2. Plan Ahead for Increases in Capacity

One of the largest issues with growth hacking is that businesses often aren’t ready for the explosion of growth. The other large issue is that the growth hacking never actually occurs, and businesses burn out instead of explode.

To circumvent this problem, make sure you have plans to increase your capacity before you start focusing on growth. Is your business scalable? The idea may be, sure, but how about your operations? How about your technology?

When you begin to focus on growth, ensure that your business is flexible and ready to grow. Things will break along the way, sure, but if you stick to the plan, you’ll be able to meet your business’s growth demands and come out on the other side bigger and badder than ever.

Of course, planning ahead for increases in capacity is literally the act of creating sustainable growth. If you focus on the the customer and then ensure you have the capacity to meet their demands, you’ll be growing in no time.

3. Ensure You’re Cross-Selling

One of the largest issues with growth hacking is that people thirsty for growth often look for new customers and new revenue streams. However, this isn’t an efficient way to grow.

Remember the statistic about it costing 10x more to find a new customer than to retain an existing one? Well, if you focus on finding new customers to grow, your growth won’t be sustainable.

Instead, you need to focus on cross-selling your existing customers. This includes up-selling, too. If you have a happy customer, why not try to sell them an additional product or service that they might also enjoy?

This model is a win-win, because both the existing customer benefits and the business benefits — and all without onboarding a new customer.

Worried you don’t have anything to cross-sell? Don’t worry about it! Refer to step one and put your customers first. They’ll tell you what they need. All you have to do is provide it for them and watch your company grow.

4. Take Advantage of Partnerships

One of the hardest parts about growing is dealing with the increases in customer acquisition costs. Revenue might be increasing, sure, but if your costs are also increasing, especially if they’re outpacing your revenue growth, then you’re in big trouble.

To help, seek out partnerships when you’re trying to grow. Partnerships are a great, non-growth hacking way to hack growth…if that makes sense.

This is because partnerships, when done correctly, are often sustainable and long-term. The same can’t always be said for growth hacking.

With partnerships, you can share another business’s existing customer base and also help your partner profit. It’s another win-win.

So, if you’re looking for sustainable growth, and if you’ve already serviced and cross-sold your existing customers, seek new customers through strong partnerships. This reduces your cost of acquisition and helps you grow more sustainably.

5. Search for New Lines of Revenue

Okay, it’s finally time to search for new lines of revenue. If you’re looking to grow with sustainability, this should be (one of) your last growth strategies.

We don’t mean to beat a dead horse, but again, it’s 10x more expensive to find new customers. This is why you should always look to grow with your existing customers. Then, once that tap is depleted, seek out partnerships for easier growth.

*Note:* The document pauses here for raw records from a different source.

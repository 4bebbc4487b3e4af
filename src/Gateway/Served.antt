-- ===== src/Gateway/Served.antt =====
-- crates/gateway/src/lib.rs: what the tests of `select_venue` on a listing mean.
use feynman_engine.Prelude.{
  ◌≡◌, ◌↔◌, true, Option, none, some, String, List, [], ◌∷◌, Any, any, arith, str_eq, eq_iff,
}
use feynman_engine.Externs.{Externs}
use feynman_engine.Types.Venue.{ConnectionState, connected, is_connected}
use feynman_engine.Gateway.Bridge.{VenueRouteState, usable, is_allowed}

module _ (E : Externs) where
  -- A list of allowed names, if there is one, has the name.
  abbrev pub Permits : Option (List String) → String → Type 0
  Permits none id = Unit
  Permits (some ids) id = Any (λ a. a ≡ id) ids

  -- The venue is known and its connection is up.
  abbrev pub IsConnected : Option (VenueRouteState E) → Type 0
  IsConnected none = ⊥
  IsConnected (some state) = state.connection_health.state ≡ connected

  any_iff :
      (ids : List String) (id : String)
      → (any (λ a. str_eq a id) ids ≡ true) ↔ Any (λ a. a ≡ id) ids
  any_iff [] id = ground arith
  any_iff (a ∷ ids) id = ground (arith, any_iff ids id, eq_iff a id)

  pub is_allowed_iff :
      (allowed : Option (List String)) (id : String)
      → (is_allowed E allowed id ≡ true) ↔ Permits allowed id
  is_allowed_iff none id = ground arith
  is_allowed_iff (some ids) id = any_iff ids id

  connected_iff : (c : ConnectionState E) → (is_connected E c ≡ true) ↔ (c ≡ connected)
  connected_iff c = ground arith

  pub usable_iff :
      (state : Option (VenueRouteState E)) (allowed : Option (List String)) (venue : String)
      → (usable E state allowed venue ≡ true) ↔ (Permits allowed venue × IsConnected state)
  usable_iff none allowed venue = ground arith
  usable_iff (some state) allowed venue =
      ground (arith, is_allowed_iff allowed venue, connected_iff state.connection_health.state)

Once all of these options are exhausted, you can then invest in growth through new customer acquisition. Remember, however, that new customers are often the hardest cohort for sustainable growth. Consumers who know you are more likely to purchase from you long-term.

If you can tap this well of revenue, the possibilities truly are endless.


The bottom line? Growth is good, but sustainable growth is better. When you’re looking to growth hack, make sure that the growth you achieve is long-term growth.

There have already been too many flashes in the startup pan. It’s time we as startup owners, founders, advisors, and executives stop this trend and start focusing on long-term growth. And the best part? It only takes the 5 steps listed above.